Gracen Briggs has history in this valley—deep roots, dead dreams, and an ex whose smiling face she sees plastered all over town, every single day.
Wonderful, right?
Malachi Anders left things unfinished here, too. All his trouble and traumas … God knows he already spent too much time trying to leave it behind.

He never wanted to come back.
She can’t find a way out.
Welcome to the valley.
It’s a long road home.

*************FULL BOOK START HERE*************

Chapter 1

“I’m going.”

“You’re absolutely not,” Gracen returned just as strongly as her friend.

Delaney scoffed over her shoulder at the reply as she walked through the front door with a fresh coat of candy apple red paint. “I will, and I am.”

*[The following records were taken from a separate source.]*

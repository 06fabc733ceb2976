-- ===== src/Signals/Lifecycle.antt =====
-- The lifecycle of a signal (service.py, `_VALID_TRANSITIONS`) under every call.
use ratatoskr_v.Base.{
  ◌≡◌, refl, ◌⊎◌, inl, inr, Bool, true, false, none, some, List, [], ◌∷◌, ◌++◌, arith, Bool-cases,
  Option-cases, find, update_where, update_first, subst, sym, ap, ◌∙◌,
}
use ratatoskr_v.Domain.{Uid, Time}
use ratatoskr_v.Signals.{
  Status, risk_approved, risk_modified, risk_rejected, order_filled, order_rejected, Signal, Table,
  Owner, Config, pending, canceled, expired, allowed, is_pending, is_stale, is_pending_of, has_id,
  with_status, get_by_id, update_status, expire_stale, cancel_by_strategy,
}
use ratatoskr_v.Signals.Service.{
  is_owned, insert_signal, new_signal, create_signal, update_signal_status, cancel_signal, Call,
  create, update, cancel, cancel_strategy, expire, call, calls, Request, kept,
}

-- A row after a call: unchanged, or moved along the table of transitions and otherwise unchanged.
abbrev pub Advances : Signal → Signal → Type 0
Advances s t = (t ≡ s) ⊎ ((allowed s.status t.status ≡ true) × (t ≡ with_status t.status s))

-- A table after a call: the old rows have advanced, and the new ones are pending.
abbrev pub Evolves : Table → Table → Type 0
Evolves [] [] = Unit
Evolves [] (y ∷ ys) = (y.status ≡ pending) × Evolves [] ys
Evolves (x ∷ xs) [] = ⊥
Evolves (x ∷ xs) (y ∷ ys) = Advances x y × Evolves xs ys

Evolves-refl : (t : Table) → Evolves t t
Evolves-refl [] = tt
Evolves-refl (x ∷ xs) = (inl refl, Evolves-refl xs)

Evolves-snoc : (t : Table) (s : Signal) → s.status ≡ pending → Evolves t (t ++ s ∷ [])
Evolves-snoc [] s h = (h, tt)
Evolves-snoc (x ∷ xs) s h = (inl refl, Evolves-snoc xs s h)

-- An update of rows whose status may move to `st`.
update_where-Evolves :
    (p : Signal → Bool) (st : Status) (t : Table)
    → ((s : Signal) → p s ≡ true → allowed s.status st ≡ true)
    → Evolves t (update_where p (with_status st) t)
update_where-Evolves p st [] h = tt
update_where-Evolves p st (x ∷ xs) h = elim (Bool-cases (p x)) [
  | inl hit ↦ rw hit (inr (h x hit, refl), update_where-Evolves p st xs h)
  | inr miss ↦ rw miss (inl refl, update_where-Evolves p st xs h)
]

-- The same for the row that a lookup found.
update_first-Evolves :
    (p : Signal → Bool) (st : Status) (t : Table) {s : Signal}
    → find p t ≡ some s
    → allowed s.status st ≡ true
    → Evolves t (update_first p (with_status st) t)
update_first-Evolves p st [] e h = tt
update_first-Evolves p st (x ∷ xs) {s} e h = elim (Bool-cases (p x)) [
  | inl hit ↦
      rw hit (inr (subst (λ y. allowed y.status st ≡ true) (first hit e) h, refl), Evolves-refl xs)
  | inr miss ↦ rw miss (inl refl, update_first-Evolves p st xs {s = s} (rest miss e) h)
]
  where
    first : p x ≡ true → find p (x ∷ xs) ≡ some s → s ≡ x
    first a b = ground arith

    rest : p x ≡ false → find p (x ∷ xs) ≡ some s → find p xs ≡ some s
    rest a b = ground arith

create_signal-Evolves :
    (c : Config) (owners : List Owner) (i : Uid) (now : Time) (r : Request) (t : Table)
    → Evolves t (create_signal c owners i now r t).1
unfolding create_signal insert_signal new_signal
create_signal-Evolves c owners i now r t =
    elim (Option-cases (create_signal c owners i now r t).0) [
      | inl none_made ↦ subst (Evolves t) (sym (unchanged none_made)) (Evolves-refl t)
      | inr (s, made) ↦ subst (Evolves t) (sym (added s made).0) (Evolves-snoc t s (added s made).1)
    ]
  where
    unchanged :
        (create_signal c owners i now r t).0 ≡ none → (create_signal c owners i now r t).1 ≡ t
    unchanged h = ground arith

    added :
        (s : Signal)
        → (create_signal c owners i now r t).0 ≡ some s
        → ((create_signal c owners i now r t).1 ≡ t ++ s ∷ []) × (s.status ≡ pending)
    added s h = ground arith

update_signal_status-Evolves :
    (i : Uid) (st : Status) (t : Table) → Evolves t (kept t (update_signal_status i st t))
unfolding update_signal_status get_by_id update_status
update_signal_status-Evolves i st t = elim (Option-cases (find (has_id i) t)) [
  | inl absent ↦ rw (absent, update_signal_status, kept) (Evolves-refl t)
  | inr (s, e) ↦ elim (Bool-cases (allowed s.status st)) [
    | inl may ↦
        rw (e, update_signal_status)
          (rw (may, kept) (update_first-Evolves (has_id i) st t {s = s} e may))
    | inr never ↦ rw (e, update_signal_status) (rw (never, kept) (Evolves-refl t))
  ]
]

cancel_signal-Evolves :
    (owners : List Owner) (i user : Uid) (t : Table)
    → Evolves t (kept t (cancel_signal owners i user t))
unfolding cancel_signal get_by_id update_status allowed
cancel_signal-Evolves owners i user t = elim (Option-cases (find (has_id i) t)) [
  | inl absent ↦ rw (absent, cancel_signal, kept) (Evolves-refl t)
  | inr (s, e) ↦ elim (Bool-cases (is_owned owners s.strategy_id user)) [
    | inl own ↦ elim (Bool-cases (is_pending s.status)) [
      | inl waits ↦
          rw (e, cancel_signal)
            (rw (own, waits, kept)
              (update_first-Evolves (has_id i) canceled t {s = s} e (cancelable s waits)))
      | inr gone ↦ rw (e, cancel_signal) (rw (own, gone, kept) (Evolves-refl t))
    ]
    | inr foreign ↦ rw (e, cancel_signal) (rw (foreign, kept) (Evolves-refl t))
  ]
]
  where
    cancelable : (s : Signal) → is_pending s.status ≡ true → allowed s.status canceled ≡ true
    cancelable s h = ground arith

-- Every call lets the signals advance along the table of transitions, and adds pending ones only.
pub call-Evolves :
    (c : Config) (owners : List Owner) (k : Call) (t : Table) → Evolves t (call c owners k t)
unfolding call cancel_by_strategy expire_stale allowed
call-Evolves c owners (create i now r) t = create_signal-Evolves c owners i now r t
call-Evolves c owners (update i st) t = update_signal_status-Evolves i st t
call-Evolves c owners (cancel i user) t = cancel_signal-Evolves owners i user t
call-Evolves c owners (cancel_strategy strategy) t =
    update_where-Evolves (is_pending_of strategy) canceled t (λ s h. ground arith)
call-Evolves c owners (expire now) t =
    update_where-Evolves (is_stale now) expired t (λ s h. ground arith)

-- A status that no transition leaves.
abbrev pub IsTerminal : Status → Type 0
IsTerminal st = (next : Status) → allowed st next ≡ false

-- The signal stands in the table, as it is.
abbrev pub Has : Signal → Table → Type 0
Has s [] = ⊥
Has s (x ∷ xs) = (x ≡ s) ⊎ Has s xs

Evolves-Has : (s : Signal) (t u : Table) → IsTerminal s.status → Evolves t u → Has s t → Has s u
Evolves-Has s [] u final e h = absurd h
Evolves-Has s (x ∷ xs) [] final e h = absurd e
Evolves-Has s (x ∷ xs) (y ∷ ys) final e (inr later) = inr (Evolves-Has s xs ys final e.1 later)
Evolves-Has s (x ∷ xs) (y ∷ ys) final e (inl now) = elim e.0 [
  | inl same ↦ inl (same ∙ now)
  | inr moved ↦ absurd (blocked moved.0)
]
  where
    blocked : allowed x.status y.status ≡ true → ⊥
    blocked may = cc (final y.status, ap (λ (r : Signal). allowed r.status y.status) now)

-- The statuses that end a signal.
abbrev pub is_final : Status → Bool
is_final pending = false
is_final risk_approved = false
is_final risk_modified = false
is_final risk_rejected = true
is_final expired = true
is_final canceled = true
is_final order_filled = true
is_final order_rejected = true

is_final-IsTerminal : (st : Status) → is_final st ≡ true → IsTerminal st
unfolding allowed
is_final-IsTerminal st h next = ground arith

-- A signal that is filled, rejected by the risk engine or the order service, expired or canceled
-- stays as it is, whatever calls follow.
pub calls-Has :
    (c : Config) (owners : List Owner) (ks : List Call) (s : Signal) (t : Table)
    → is_final s.status ≡ true
    → Has s t
    → Has s (calls c owners ks t)
unfolding calls
calls-Has c owners [] s t final h = h
calls-Has c owners (k ∷ ks) s t final h = calls-Has c owners ks s (call c owners k t) final (
    Evolves-Has s t (call c owners k t) (is_final-IsTerminal s.status final)
      (call-Evolves c owners k t) h)
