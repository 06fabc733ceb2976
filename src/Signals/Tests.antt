-- ===== src/Signals/Tests.antt =====
-- The signals module on a small table.
use ratatoskr_v.Base.{
  ◌≡◌, refl, true, none, some, List, [], ◌∷◌, arith, is_some, ◌+◌, ◌*◌, ◌≤◌, inl,
}
use ratatoskr_v.Domain.{Time, buy, entry, Source, equities, m5, second, minute}
use ratatoskr_v.Signals.{
  Signal, Table, Owner, Config, pending, order_filled, canceled, timeframe_minutes, risk_approved,
}
use ratatoskr_v.Signals.Service.{
  Request, service, create_signal, call, calls, update, cancel, cancel_strategy, expire,
  signal_transition, err, update_signal_status,
}
use ratatoskr_v.Signals.Lifecycle.{Has, Evolves, calls-Has, call-Evolves}
use ratatoskr_v.Signals.Dedup.{create_signal-repeat, at_time}

abbrev config : Config
config = record { dedup_window_bars = 1; default_expiry_seconds = 300 }

abbrev owners : List Owner
owners = record { strategy_id = 7; user_id = 1 } ∷ []

abbrev start : Time
start = 1000000000

abbrev request : Request
request = record {
  strategy_id = some 7;
  strategy_version = some 1;
  symbol = some 50;
  market = equities;
  timeframe = some m5;
  side = some buy;
  signal_type = some entry;
  source = some Source.strategy;
  ts = some start;
}

abbrev made : Table
made = (create_signal config owners 1 start request []).1

abbrev filled : Signal
filled = record {
  id = 1;
  strategy_id = 7;
  symbol = 50;
  market = equities;
  timeframe = m5;
  side = buy;
  signal_type = entry;
  source = Source.strategy;
  status = order_filled;
  ts = start;
  expires_at = some 1600000000;
  created_at = start;
}

created :
    create_signal config owners 1 start request []
    ≡ (some (record filled { status = pending }), record filled { status = pending } ∷ [])
unfolding service
created = refl

lived :
    calls config owners (update 1 risk_approved ∷ update 1 order_filled ∷ cancel 1 1 ∷ []) made
    ≡ filled ∷ []
unfolding service
lived = refl

refused : update_signal_status 1 pending (filled ∷ []) ≡ err (signal_transition order_filled)
unfolding service
refused = refl

calls-Has_example :
    Has filled (calls config owners (cancel_strategy 7 ∷ update 1 canceled ∷ []) (filled ∷ []))
calls-Has_example =
    calls-Has config owners (cancel_strategy 7 ∷ update 1 canceled ∷ []) filled (filled ∷ []) refl
      (inl refl)

call-Evolves_example : Evolves made (call config owners (expire (start + start)) made)
call-Evolves_example = call-Evolves config owners (expire (start + start)) made

in_window : start + second ≤ start + timeframe_minutes m5 * config.dedup_window_bars * minute
unfolding service
in_window = omega arith

is_made : is_some (create_signal config owners 1 start request []).0 ≡ true
unfolding service
is_made = refl

create_signal-repeat_example :
    create_signal config owners 2 (start + second) (at_time (start + second) request) made
    ≡ (none, made)
create_signal-repeat_example =
    create_signal-repeat config owners 1 2 start (start + second) (start + second) request []
      {kind = entry} {tf = m5} refl refl refl refl (omega arith) in_window is_made
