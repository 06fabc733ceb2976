-- ===== src/Strategies.antt =====
-- The strategies module, backend/app/strategies: indicators, the condition engine, the formula
-- language, the exits of a position, the safety monitor and the runner.
pub mod Indicators
pub mod Conditions
pub mod Models
pub mod Formulas
pub mod Exits
pub mod SafetyMonitor
pub mod Runner
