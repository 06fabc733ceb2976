-- ===== src/Strategies/Conditions/Crossing.antt =====
-- Crossovers, as the condition engine (conditions/engine.py) sees them from bar to bar.
use ratatoskr_v.Base.{
  ◌+◌, ◌≡◌, ◌⊎◌, refl, ap, Bool, true, false, Option, none, some, List, [], ◌∷◌, ◌++◌, ltb, arith,
  length,
}
use ratatoskr_v.Decimal.{Decimal, is_le, is_lt}
use ratatoskr_v.Decimal.Order.{is_lt-not-is_le}
use ratatoskr_v.MarketData.{Bar}
use ratatoskr_v.Strategies.Conditions.{
  Operand, Operator, crosses_above, crosses_below, between, outside, greater_than, less_than,
  greater_than_or_equal, less_than_or_equal, equal, evaluate_operator, Right, Condition, Values,
  resolve_operand, without_last, resolve_series, crosses, evaluate_condition,
}

without_last-append : (bars : List Bar) (b : Bar) → without_last (bars ++ b ∷ []) ≡ bars
unfolding without_last
without_last-append [] b = refl
without_last-append (x ∷ []) b = refl
without_last-append (x ∷ y ∷ bars) b = ap (λ l. x ∷ l) (without_last-append (y ∷ bars) b)

-- Two tests of the same values, of which one excludes the other.
crosses-again :
    (before after : Decimal → Decimal → Bool) (l r l' r' : Option Decimal × Option Decimal)
    → ((a b : Decimal) → after a b ≡ true → before a b ≡ false)
    → crosses before after l r ≡ true
    → l'.1 ≡ l.0
    → r'.1 ≡ r.0
    → crosses before after l' r' ≡ false
unfolding crosses
crosses-again before after (some a, some a1) (some b, some b1) l' r' h e p q =
    rw (p, q) (ground (arith, h a b))
crosses-again before after (none, _) r l' r' h e p q = ground arith
crosses-again before after (some a, none) r l' r' h e p q = ground arith
crosses-again before after (some a, some a1) (none, _) l' r' h e p q = ground arith
crosses-again before after (some a, some a1) (some b, none) l' r' h e p q = ground arith

length-snoc : (bars : List Bar) (b : Bar) → length (bars ++ b ∷ []) ≡ length bars + 1
length-snoc [] b = omega arith
length-snoc (x ∷ bars) b = omega (arith, length-snoc bars b)

-- What was current is previous when a bar has been added.
resolve_series-next :
    (v : Values) (o : Operand) (bars : List Bar) (b : Bar)
    → ltb (length bars) 2 ≡ false
    → (resolve_series v o (bars ++ b ∷ [])).1 ≡ (resolve_series v o bars).0
unfolding resolve_series
resolve_series-next v o bars b h =
    rw (h, more_than_two) (ap (resolve_operand v o) (without_last-append bars b))
  where
    more_than_two : ltb (length (bars ++ b ∷ [])) 2 ≡ false
    more_than_two = ground (arith, length-snoc bars b)

above-not_below : (a b : Decimal) → is_lt b a ≡ true → is_le a b ≡ false
above-not_below a b h = ground (arith, is_lt-not-is_le b a)

below-not_above : (a b : Decimal) → is_lt a b ≡ true → is_le b a ≡ false
below-not_above a b h = ground (arith, is_lt-not-is_le a b)

-- A crossover needs two bars.
crosses-long :
    (before after : Decimal → Decimal → Bool) (v : Values) (l r : Operand) (bars : List Bar)
    → crosses before after (resolve_series v l bars) (resolve_series v r bars) ≡ true
    → ltb (length bars) 2 ≡ false
unfolding crosses resolve_series
crosses-long before after v l r bars h = ground arith

crosses-once :
    (before after : Decimal → Decimal → Bool) (v : Values) (l r : Operand) (bars : List Bar)
    (b : Bar)
    → ((x y : Decimal) → after x y ≡ true → before x y ≡ false)
    → crosses before after (resolve_series v l bars) (resolve_series v r bars) ≡ true
    → crosses before after
        (resolve_series v l (bars ++ b ∷ []))
        (resolve_series v r (bars ++ b ∷ []))
      ≡ false
crosses-once before after v l r bars b h e =
    let long = crosses-long before after v l r bars e in
    crosses-again before after _ _ _ _ h e (resolve_series-next v l bars b long)
      (resolve_series-next v r bars b long)

evaluate_operator-once :
    (v : Values) (bars : List Bar) (b : Bar) (l : Operand) (r : Right) (o : Operator)
    → (o ≡ crosses_above) ⊎ (o ≡ crosses_below)
    → evaluate_operator v bars l r o ≡ true
    → evaluate_operator v (bars ++ b ∷ []) l r o ≡ false
unfolding evaluate_operator
evaluate_operator-once v bars b l r crosses_above _ e =
    crosses-once is_le (λ x y. is_lt y x) v l r.operand bars b above-not_below e
evaluate_operator-once v bars b l r crosses_below _ e =
    crosses-once (λ x y. is_le y x) is_lt v l r.operand bars b below-not_above e
evaluate_operator-once v bars b l r between h e = absurd (ground arith)
evaluate_operator-once v bars b l r outside h e = absurd (ground arith)
evaluate_operator-once v bars b l r greater_than h e = absurd (ground arith)
evaluate_operator-once v bars b l r less_than h e = absurd (ground arith)
evaluate_operator-once v bars b l r greater_than_or_equal h e = absurd (ground arith)
evaluate_operator-once v bars b l r less_than_or_equal h e = absurd (ground arith)
evaluate_operator-once v bars b l r equal h e = absurd (ground arith)
evaluate_operator-once v bars b l r Operator.other h e = absurd (ground arith)

-- A crossing condition that holds on some bars does not hold when the next bar is added: each
-- crossover fires on one bar only.
evaluate_condition-once :
    (v : Values) (bars : List Bar) (b : Bar) (c : Condition)
    → (c.operator ≡ crosses_above) ⊎ (c.operator ≡ crosses_below)
    → evaluate_condition v bars c ≡ true
    → evaluate_condition v (bars ++ b ∷ []) c ≡ false
evaluate_condition-once v bars b c = evaluate_operator-once v bars b c.left c.right c.operator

“You’re seriously considering it? Delaney, the last time we ran into your mother at the supermarket, she turned around and immediately raced down the adjacent aisle. Doesn’t your brother still call you “that one” whenever someone asks about you at the hardware store? What are you talking about? Your cousins don’t treat you much better!”

“That’s enough. Bexley has always—”

“As long as nobody’s around to see her talk to you, yeah, your cousin isn’t so bad. I guess.”

Gracen let the screen door between the porch and foyer slam shut, and left the main one open, when she darted in after her typically bubbly friend. A ray of damn sunshine on her worst days, Delaney Reed wouldn’t be caught in public behaving in any other way.

Her proudly conservative, Pentecostal upbringing taught Delaney to smile even in the face of critics, and all the time in between, but especially when doing her duty; serving a godly man. She might have escaped from her family’s control and demands after high school by going out on her own and accepting their shunning, but some habits were hard to break.

Delaney kept the sweet personality for the most part. Very little else.

Right then, Delaney did her best to ignore the way Gracen stalked down the foyer’s short hallway behind her before the back of her friend’s shiny pin-straight mane of jet-black hair swerved for the kitchen. By the time Gracen’s white runners squeaked to a stop on the linoleum floor, Delaney faced her with fists—one still clutching tight to the entire reason for their current conversation—dug into her hips, and a familiar gleam in her narrowed hazel eyes that needed to look up to stare Gracen in the face.

All five-foot-one inches of her friend acted like a wall Gracen couldn’t pass to enter the kitchen. The opposite of Gracen not only in appearance but also personality, that was the thing about Delaney which often brought the friends to a head. She proclaimed to never liked a challenge; she couldn’t stop herself from answering one, though. Sometimes, the sweetness meant nothing when Delaney couldn’t keep her mouth or temper under control.

“What, are we going back to high school, or something?” Delaney asked with an arched brow that dared Gracen to try it.

The comment made Gracen bristle in all the wrong ways, but Delaney likely knew it, too. After all, there was a reason she hit out with that barb, and the start of their friendship had begun in the halls of their shared high school while they sat side by side with matching bruised faces outside the principle’s office.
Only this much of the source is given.